China is on the verge of becoming the world’s largest consumer of semiconductor products, but several dark sides of this economic boom exist, and most have been examined in detail. But one issue has not received the attention it deserves, and that’s the fixed currency exchange rate that ties the value of the Chinese yuan directly to the US dollar.

A quick primer on exchange rates: In a floating exchange rate, the value (price) of a currency automatically adjusts to supply and demand for that currency. A floating exchange rate acts as a sort of “shock absorber” to offset economic imbalances and instability, both domestic and international. In a fixed exchange rate, a currency’s value is tied directly to some other currency (usually the US dollar), and no automatic shock absorber exists. Fixed exchange rates usually create an artificially high or low value of the currency that is pegged to the dollar.

VLSI Research CEO and president Dan Hutcheson raised the danger of China’s fixed-rate exchange policy earlier this year at Semi’s annual Industry Strategy Symposium (ISS). “The China fixed exchange rate is something I think most people are overlooking,” said Hutcheson. “Most international governments are trying to get them to break this. It will have [a] major impact on our economy as well as other Western economies.”

The immediate problem with China’s fixed exchanged rate is that it has created an artificially low value for the yuan, which makes Chinese exports to the US and other countries cheaper, in turn fueling an export advantage for Chinese products and a significant trade imbalance with China. In the short term, the US economy and, perhaps to a greater degree, European economies are damaged by this artificially created trade deficit. China benefits in the form of new jobs, increased global market share, and additional investment by foreign companies.

Longer-term, a more dangerous economic situation looms. “Eventually, [the fixed exchange rate] will create huge problems for China,” said Hutcheson. “[China] will go through hyperinflation,” and its economy will “blow up. The same thing happened to Japan in the ‘80s,” he added, when Japan finally changed its fixed-rate exchange policy, adopted after World War II.

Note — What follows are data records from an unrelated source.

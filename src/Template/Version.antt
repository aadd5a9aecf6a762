-- ===== src/Template/Version.antt =====
-- CreateWorkflowTemplateVersion and UpdateWorkflowTemplateVersion of pkg/workflow_template.go.
use onepanel.Base.{
  ℕ, pos, String, not, ◌==◌, Option, none, some, [], ◌∷◌, Map, map, insert, delete, Error, plain,
  Result, ok, err, format_nat, leb,
}
use onepanel.Base.State
use onepanel.Base.State.{M, ◌>>=◌, ◌>>◌}
use onepanel.Template.Store.{
  Store, VersionRow, TemplateRow, ArgoCopy, Template, Env, attempt, transaction, select_template,
  update_labels, mark_outdated,
}
use onepanel.Template.Table.{
  is_current, find_template, create_latest_workflow_template_version_db, write_labels,
  write_version,
}
use onepanel.Template.Argo.{
  latest, latest_label, create_argo_workflow_template, get_argo_workflow_template,
  get_parameters_key_string,
}
use onepanel.Template.Create.{create_argo_copy, update_argo_copy, add_label, validated}

-- sql.ErrNoRows
abbrev pub no_rows : Error
no_rows = plain "sql: no rows in result set"

unfoldable pub found_row : {A : Type 0} → Option A → Result A
found_row none = err no_rows
found_row (some a) = ok a

unfoldable pub select_current : Env → String → String → M Store TemplateRow
unfolding is_current find_template found_row
select_current env namespace uid s = elim (env.fails select_template) [
  | some e ↦ (err e, s)
  | none ↦ (found_row (find_template (is_current namespace uid) s.templates), s)
]

-- `for key, value := range parametersMap { updatedTemplate.Annotations[key] = value }`
unfoldable pub insert_all : Map String → Map String → Map String
unfolding insert
insert_all [] m = m
insert_all ((k, v) ∷ rest) m = insert_all rest (insert k v m)

-- the copy that CreateWorkflowTemplateVersion sends to Argo
unfoldable pub annotated : Env → Map String → ArgoCopy → ArgoCopy
unfolding add_label insert_all format_nat
annotated env strings c =
    let labelled = add_label "onepanel.io/workflow-template-version-uid" (format_nat env.now) c in
    record labelled { annotations = insert_all strings labelled.annotations }

-- delete(latest.Labels, label.VersionLatest)
unfoldable pub not_latest : ArgoCopy → ArgoCopy
unfolding delete
not_latest c = record c { labels = delete latest_label c.labels }

-- The part of the block that follows the new version, of the id given. The older copy is read before
-- the new one is created, and loses its label after.
unfoldable pub publish_version : Env → String → Template → ℕ → ℕ → M Store Template
publish_version env namespace t id version_id = do
  (copy, named) ← State.lift (create_argo_workflow_template env namespace t (pos env.now))
  strings ← State.lift (get_parameters_key_string env t.manifest)
  older ← get_argo_workflow_template env namespace named.uid latest
  create_argo_copy env (annotated env strings copy)
  update_argo_copy env (not_latest older)
  attempt env update_labels
  State.modify (write_labels id t.labels)
  State.pure (record named { id = id; version_id = version_id; version = pos env.now })

-- the block inside the transaction
unfoldable pub store_version : Env → String → Template → M Store Template
store_version env namespace t = do
  row ← select_current env namespace t.uid
  version_id ← create_latest_workflow_template_version_db env row.id t
  publish_version env namespace t row.id version_id

unfoldable pub create_workflow_template_version : Env → String → Template → M Store Template
create_workflow_template_version env namespace t = do
  State.require (not (t.uid == "")) (plain "uid required for CreateWorkflowTemplateVersion")
  State.lift (validated env namespace t)
  transaction env (λ _. State.pure tt) (store_version env namespace t)

-- UpdateWorkflowTemplateVersion
unfoldable pub update_workflow_template_version : Env → VersionRow → M Store (Unit {0})
update_workflow_template_version env v = do
  State.require (leb 1 v.id) (plain "id required for UpdateWorkflowTemplateVersionDB")
  attempt env mark_outdated
  State.modify (λ s. record s { versions = map (write_version v) s.versions })
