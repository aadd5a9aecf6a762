-- ===== src/Template/Get.antt =====
-- GetWorkflowTemplate of pkg/workflow_template.go, with the options of the node pools.
use onepanel.Base.{
  ℕ, zero, suc, ℤ, pos, negsuc, String, Bool, true, false, not, ◌&&◌, ◌==◌, Option, none, some,
  List, [], ◌∷◌, lookup, Error, user_error, panic, plain, Result, ok, err, if◌then◌else◌, nat_eq,
  format_nat, parse_int,
}
use onepanel.Base
use onepanel.Base.State
use onepanel.Base.State.{M, ◌>>=◌}
use onepanel.Params.{Parameter, ParameterOption}
use onepanel.Template.Store.{
  Store, TemplateRow, VersionRow, Template, Env, select_template, select_versions,
}
use onepanel.Template.Table.{is_current}
use onepanel.Template.Argo.{
  Wanted, latest, exactly, version_as_string, version_label, get_argo_workflow_template,
}
use onepanel.Template.Version.{no_rows, found_row}

-- the options of one parameter; `param.Options[0]` panics when there are none
unfoldable pub replace_options : List ParameterOption → Parameter → Result Parameter
replace_options options p =
    let pool = record p { options = some options } in
    if p.type == "select.nodepool"
    then elim p.value [
      | none ↦ ok pool
      | some v ↦
          if v == "default"
          then elim options [ [] ↦ err panic | o ∷ os ↦ ok (record pool { value = some o.value }) ]
          else ok pool
    ]
    else ok p

unfoldable pub replace_each : List ParameterOption → List Parameter → Result (List Parameter)
unfolding replace_options
replace_each options [] = ok []
replace_each options (p ∷ ps) =
    let rest = replace_each options ps in
    Base.◌>>=◌ (replace_options options p) λ q. Base.◌>>=◌ rest λ qs. ok (q ∷ qs)

-- replaceSysNodePoolOptions
unfoldable pub replace_sys_node_pool_options : Env → List Parameter → Result (List Parameter)
unfolding replace_each
replace_sys_node_pool_options env ps =
    Base.◌>>=◌ env.pool_options (λ options. replace_each options ps)

-- wtv.is_latest, or wtv.version = ?
unfoldable pub is_wanted : ℤ → VersionRow → Bool
is_wanted (pos zero) v = v.is_latest
is_wanted (pos (suc n)) v = nat_eq v.version (suc n)
is_wanted (negsuc n) v = v.is_latest

unfoldable pub is_text : Wanted → VersionRow → Bool
unfolding format_nat
is_text latest v = v.is_latest
is_text (exactly s) v = format_nat v.version == s

-- the first version of a template that passes a test
unfoldable pub find_version : (VersionRow → Bool) → ℕ → List VersionRow → Option VersionRow
find_version test id [] = none
find_version test id (v ∷ vs) =
    if nat_eq v.template_id id && test v then some v else find_version test id vs

-- the first row of the join of the templates with their versions
unfoldable pub find_joined :
    (TemplateRow → Bool)
    → (VersionRow → Bool)
    → List VersionRow
    → List TemplateRow
    → Option (TemplateRow × VersionRow)
unfolding find_version
find_joined of_template of_version vs [] = none
find_joined of_template of_version vs (t ∷ ts) =
    let rest = find_joined of_template of_version vs ts in
    if of_template t
    then elim (find_version of_version t.id vs) [ some v ↦ some (t, v) | none ↦ rest ]
    else rest

-- WHERE wt.name = ? AND wt.is_archived = false AND wt.namespace = ?
unfoldable pub is_called : String → String → TemplateRow → Bool
is_called namespace name t = t.namespace == namespace && t.name == name && not t.is_archived

-- getWorkflowTemplateVersionDB
unfoldable pub get_workflow_template_version_db :
    Env → String → String → Wanted → M Store VersionRow
unfolding find_joined is_called is_text found_row
get_workflow_template_version_db env namespace name wanted s = elim (env.fails select_versions) [
  | some e ↦ (err e, s)
  | none ↦ elim (find_joined (is_called namespace name) (is_text wanted) s.versions s.templates) [
    | none ↦ (err no_rows, s)
    | some (t, v) ↦ (ok v, s)
  ]
]

-- strconv.ParseInt(argoWft.Labels[label.Version], 10, 64)
unfoldable pub parse_label : Option String → Result ℤ
unfolding parse_int
parse_label none = parse_int ""
parse_label (some s) = parse_int s

-- the struct that the columns of the join are scanned into
unfoldable pub scanned : TemplateRow → VersionRow → Template
scanned t v = record {
  id = t.id;
  uid = t.uid;
  name = t.name;
  manifest = v.manifest;
  version = pos v.version;
  version_id = v.id;
  is_latest = false;
  is_archived = t.is_archived;
  is_system = false;
  labels = t.labels;
  parameters = [];
  description = "";
  resource = none;
  resource_uid = none;
  copy = none;
}

-- what getWorkflowTemplate loads after the row was found
unfoldable pub load_template :
    Env → String → ℤ → TemplateRow → VersionRow → M Store (Option Template)
load_template env namespace version t v = do
  copy ← get_argo_workflow_template env namespace t.uid (version_as_string version)
  number ← State.lift (parse_label (lookup version_label copy.labels))
  w ← get_workflow_template_version_db env namespace t.name (version_as_string version)
  parameters ← State.lift (replace_sys_node_pool_options env w.parameters)
  State.pure
      (some (record (scanned t v) { copy = some copy; version = number; parameters = parameters }))

-- getWorkflowTemplate: of the latest version at 0 and below, otherwise of the one given; nothing if there
-- is none
unfoldable pub get_workflow_template : Env → String → String → ℤ → M Store (Option Template)
unfolding find_joined is_current is_wanted load_template
get_workflow_template env namespace uid version s = elim (env.fails select_template) [
  | some e ↦ (err e, s)
  | none ↦
      elim (find_joined (is_current namespace uid) (is_wanted version) s.versions s.templates) [
        | none ↦ (ok none, s)
        | some (t, v) ↦ load_template env namespace version t v s
      ]
]

-- GetWorkflowTemplate: each error is replaced
unfoldable pub reported : Result (Option Template) × Store → Result Template × Store
reported (err e, s) = (err (user_error Base.unknown "Unknown error."), s)
reported (ok none, s) = (err (user_error Base.not_found "Workflow template not found."), s)
reported (ok (some t), s) = (ok t, s)

unfoldable pub get : Env → String → String → ℤ → M Store Template
unfolding reported get_workflow_template
get env namespace uid version s = reported (get_workflow_template env namespace uid version s)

But some economists caution strongly that an abrupt rise in the value of the yuan might destabilize the Chinese economy and, potentially, even the global economy. In addition to the situation in Japan, sudden shifts from a fixed exchange rate have produced major financial problems in the past in Indonesia, Thailand, and South Korea.

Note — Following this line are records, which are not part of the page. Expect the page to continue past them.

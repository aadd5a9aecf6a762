-- ===== src/Template/Archive.antt =====
-- ArchiveWorkflowTemplate of pkg/workflow_template.go, with ArchiveCronWorkflow of pkg/cron_workflow.go
-- and ArchiveWorkflowExecution of pkg/workflow_execution.go.
use onepanel.Base.{
  ℕ, zero, suc, ℤ, pos, String, Bool, true, false, not, ◌&&◌, ◌==◌, ◌⊕◌, Option, none, some, List,
  [], ◌∷◌, ◌++◌, map, any, keep, Error, user_error, plain, Result, ok, err, if◌then◌else◌, nat_eq,
  format_nat, contains,
}
use onepanel.Base
use onepanel.Base.State
use onepanel.Base.State.{M, ◌>>=◌, ◌>>◌}
use onepanel.Listing.{take_rows}
use onepanel.Workspace.Update.{message}
use onepanel.Template.Store.{
  Store, TemplateRow, VersionRow, ExecutionRow, CronRow, Key, Template, Env, attempt,
  select_versions, select_crons, select_executions, archive_execution, archive_cron,
  delete_workflow, delete_cron, archive_template,
}
use onepanel.Template.Table.{is_current, archive_rows}
use onepanel.Template.Create.{delete_argo_copy}
use onepanel.Template.Get.{get_workflow_template, replace_sys_node_pool_options}

-- ORDER BY created_at DESC, of rows in the order of their inserts
unfoldable pub newest_first {ℓ} : {A : Type ℓ} → List A → List A
newest_first [] = []
newest_first (x ∷ xs) = newest_first xs ++ x ∷ []

-- the join of a version with its template
unfoldable pub belongs : (TemplateRow → Bool) → (VersionRow → Bool) → Store → ℕ → Bool
belongs of_template of_version s version_id =
    any
      (λ v.
        nat_eq v.id version_id
        && of_version v
        && any (λ t. nat_eq t.id v.template_id && of_template t) s.templates)
      s.versions

-- WHERE wt.namespace = ? AND wt.uid = ?
unfoldable pub is_of : String → String → TemplateRow → Bool
is_of namespace uid t = t.namespace == namespace && t.uid == uid

abbrev is_key : String → String → Key → Bool
is_key namespace name k = k.namespace == namespace && k.name == name

-- Delete of a Kubernetes object; one that is absent, or an error of the text "not found", counts as done
unfoldable pub deleted : Option Error → Bool → Result Bool
unfolding contains message
deleted none present = ok present
deleted (some e) present = if contains (message e) "not found" then ok false else err e

-- ArchiveWorkflowExecution
unfoldable pub archive_execution_row : String → String → ExecutionRow → ExecutionRow
archive_execution_row namespace uid e =
    if e.uid == uid && e.namespace == namespace then record e { is_archived = true } else e

unfoldable pub mark_execution : String → String → Store → Store
unfolding archive_execution_row
mark_execution namespace uid s = record s {
  executions = map (archive_execution_row namespace uid) s.executions;
}

unfoldable pub drop_workflow : String → String → Store → Store
drop_workflow namespace name s = record s {
  workflows = keep (λ k. not (is_key namespace name k)) s.workflows;
}

unfoldable pub archive_workflow_execution : Env → String → String → M Store (Unit {0})
unfolding mark_execution deleted drop_workflow
archive_workflow_execution env namespace uid s = elim (env.fails (archive_execution uid)) [
  | some e ↦ (err e, s)
  | none ↦ elim (deleted (env.fails (delete_workflow uid)) true) [
    | err e ↦ (err e, mark_execution namespace uid s)
    | ok present ↦ (ok tt, drop_workflow namespace uid (mark_execution namespace uid s))
  ]
]

-- ArchiveCronWorkflow: the row is left as it is when the object is absent
unfoldable pub archive_cron_row : String → String → CronRow → CronRow
archive_cron_row namespace uid c =
    if c.uid == uid && c.namespace == namespace then record c { is_archived = true } else c

unfoldable pub mark_cron : String → String → Store → Store
unfolding archive_cron_row
mark_cron namespace uid s = record s {
  crons = map (archive_cron_row namespace uid) s.crons;
  cron_workflows = keep (λ k. not (is_key namespace uid k)) s.cron_workflows;
}

unfoldable pub archive_cron_workflow : Env → String → String → M Store (Unit {0})
unfolding deleted mark_cron
archive_cron_workflow env namespace uid s =
    elim (deleted (env.fails (delete_cron uid)) (any (is_key namespace uid) s.cron_workflows)) [
      | err e ↦ (err e, s)
      | ok false ↦ (ok tt, s)
      | ok true ↦ elim (env.fails (archive_cron uid)) [
        | some e ↦ (
          err e,
          record s { cron_workflows = keep (λ k. not (is_key namespace uid k)) s.cron_workflows },
        )
        | none ↦ (ok tt, mark_cron namespace uid s)
      ]
    ]

-- cronWorkflowSelectBuilder, ORDER BY created_at DESC
unfoldable pub list_crons : String → String → Store → List CronRow
unfolding belongs is_of
list_crons namespace uid s = newest_first (
    keep (λ c. not c.is_archived && belongs (is_of namespace uid) (λ v. true) s c.version_id)
      s.crons)

-- selectWorkflowTemplateVersionsDB, ORDER BY created_at DESC
unfoldable pub list_versions : String → String → Store → List VersionRow
unfolding is_current
list_versions namespace uid s = newest_first (
    keep (λ v. any (λ t. nat_eq t.id v.template_id && is_current namespace uid t) s.templates)
      s.versions)

-- listWorkflowTemplateVersions: the rows with the options of their parameters replaced
unfoldable pub replace_versions : Env → List VersionRow → Result (List VersionRow)
unfolding replace_sys_node_pool_options
replace_versions env [] = ok []
replace_versions env (v ∷ vs) =
    let rest = replace_versions env vs in
    Base.◌>>=◌ (replace_sys_node_pool_options env v.parameters)
      λ parameters. Base.◌>>=◌ rest λ others. ok (record v { parameters = parameters } ∷ others)

unfoldable pub list_workflow_template_versions : Env → String → String → M Store (List VersionRow)
unfolding list_versions replace_versions
list_workflow_template_versions env namespace uid s = elim (env.fails select_versions) [
  | some e ↦ (err e, s)
  | none ↦ (replace_versions env (list_versions namespace uid s), s)
]

-- an execution of a version that is not archived
unfoldable pub is_pending : String → String → ℕ → Store → ExecutionRow → Bool
unfolding belongs is_of
is_pending namespace uid version s e =
    not e.is_archived
    && belongs (is_of namespace uid) (λ v. nat_eq v.version version) s e.version_id

-- ListWorkflowExecutions of the first page of 100, the latest first
unfoldable pub list_page : String → String → ℕ → Store → List ExecutionRow
unfolding is_pending take_rows
list_page namespace uid version s =
    take_rows 100 (newest_first (keep (is_pending namespace uid version s) s.executions))

unfoldable pub list_workflow_executions : Env → String → String → ℕ → M Store (List ExecutionRow)
list_workflow_executions env namespace uid version = do
  attempt env select_executions
  State.gets (list_page namespace uid version)

-- each error of a part of ArchiveWorkflowTemplate is replaced
abbrev pub unable : Error
unable = user_error Base.unknown "Unable to archive workflow template."

unfoldable pub hidden : {A : Type 0} → Result A × Store → Result A × Store
hidden (ok a, s) = (ok a, s)
hidden (err e, s) = (err unable, s)

abbrev pub hide : {A : Type 0} → M Store A → M Store A
hide m s = hidden (m s)

-- how a loop ends: with its fuel spent, by the early return of `true`, or by its test
pub data Progress : Type 0 where
  spent : Progress
  left_early : Progress
  finished : Progress

-- the executions of one page, and the rest of the loop; an empty page ends it
unfoldable pub archive_page : Env → String → M Store Progress → List ExecutionRow → M Store Progress
archive_page env namespace rest [] = State.pure finished
archive_page env namespace rest (e ∷ es) =
    hide (State.each (λ x. archive_workflow_execution env namespace x.uid) (e ∷ es)) >> rest

-- the first page until it is empty
unfoldable pub archive_executions : ℕ → Env → String → String → ℕ → M Store Progress
archive_executions zero env namespace uid version = State.pure spent
archive_executions (suc fuel) env namespace uid version =
    let rest = archive_executions fuel env namespace uid version in
    do
      page ← hide (list_workflow_executions env namespace uid version)
      archive_page env namespace rest page

-- what follows a loop, if it was not left
unfoldable pub go_on : M Store Progress → Progress → M Store Progress
go_on rest finished = rest
go_on rest spent = State.pure spent
go_on rest left_early = State.pure left_early

-- the deletion of the copy of a version
unfoldable pub after_delete : Result (Unit {0}) × Store → Result Progress × Store
unfolding contains message
after_delete (ok u, s) = (ok finished, s)
after_delete (err e, s) =
    if contains (message e) "not found" then (ok left_early, s) else (err e, s)

abbrev pub copy_name : String → VersionRow → String
copy_name uid v = (uid ⊕ "-v") ⊕ format_nat v.version

unfoldable pub delete_version : Env → String → String → VersionRow → M Store Progress
unfolding after_delete delete_argo_copy format_nat
delete_version env namespace uid v s =
    after_delete (delete_argo_copy env namespace (copy_name uid v) s)

unfoldable pub archive_version : ℕ → Env → String → String → VersionRow → M Store Progress
archive_version fuel env namespace uid v = do
  progress ← archive_executions fuel env namespace uid v.version
  go_on (delete_version env namespace uid v) progress

unfoldable pub archive_versions : ℕ → Env → String → String → List VersionRow → M Store Progress
archive_versions fuel env namespace uid [] = State.pure finished
archive_versions fuel env namespace uid (v ∷ vs) =
    let rest = archive_versions fuel env namespace uid vs in
    do progress ← archive_version fuel env namespace uid v; go_on rest progress

-- the last statement; nothing is returned when the fuel was spent
unfoldable pub finish_archive : Env → String → String → Progress → M Store (Option Bool)
finish_archive env namespace uid spent = State.pure none
finish_archive env namespace uid left_early = State.pure (some true)
finish_archive env namespace uid finished = do
  hide (attempt env archive_template >> State.modify (archive_rows namespace uid))
  State.pure (some true)

unfoldable pub found_latest : Option Template → Result (Unit {0})
found_latest none = err (user_error Base.not_found "Workflow template not found.")
found_latest (some t) = ok tt

-- ArchiveWorkflowTemplate
unfoldable pub archive_workflow_template : ℕ → Env → String → String → M Store (Option Bool)
archive_workflow_template fuel env namespace uid = do
  template ← hide (get_workflow_template env namespace uid (pos 0))
  State.lift (found_latest template)
  versions ← hide (list_workflow_template_versions env namespace uid)
  crons ← hide (attempt env select_crons >> State.gets (list_crons namespace uid))
  hide (State.each (λ c. archive_cron_workflow env namespace c.name) crons)
  progress ← archive_versions fuel env namespace uid versions
  finish_archive env namespace uid progress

At a February meeting in London of the Group of Seven Industrialized Countries, commonly known as the G-7, US and European leaders pressured China to abandon its fixed-rate exchange policy and revalue the yuan, but to no avail. China officials argued that more time was needed to reform the country’s financial system.

The most likely scenario is that China will, sometime fairly soon, allow the yuan to float within a specified range of values, or “corridor,” as economists call it. This range would broaden over time, as China’s financial institutions develop and its businesses learn how to deal with frequent changes in currency values.

The last thing the global economy and the semiconductor industry need is another financial crisis in Asia, and a crisis in the gigantic but developing market of China could make past predicaments seem tame in comparison. Economic issues usually bore technologists - and people in many other professions, for that matter - but economic conditions obviously help create or stifle the environment that’s needed for technology and technologists to thrive. Let’s hope that the world’s political and financial leaders have the foresight and courage to help China and its huge semiconductor market develop in a way that is best for everybody.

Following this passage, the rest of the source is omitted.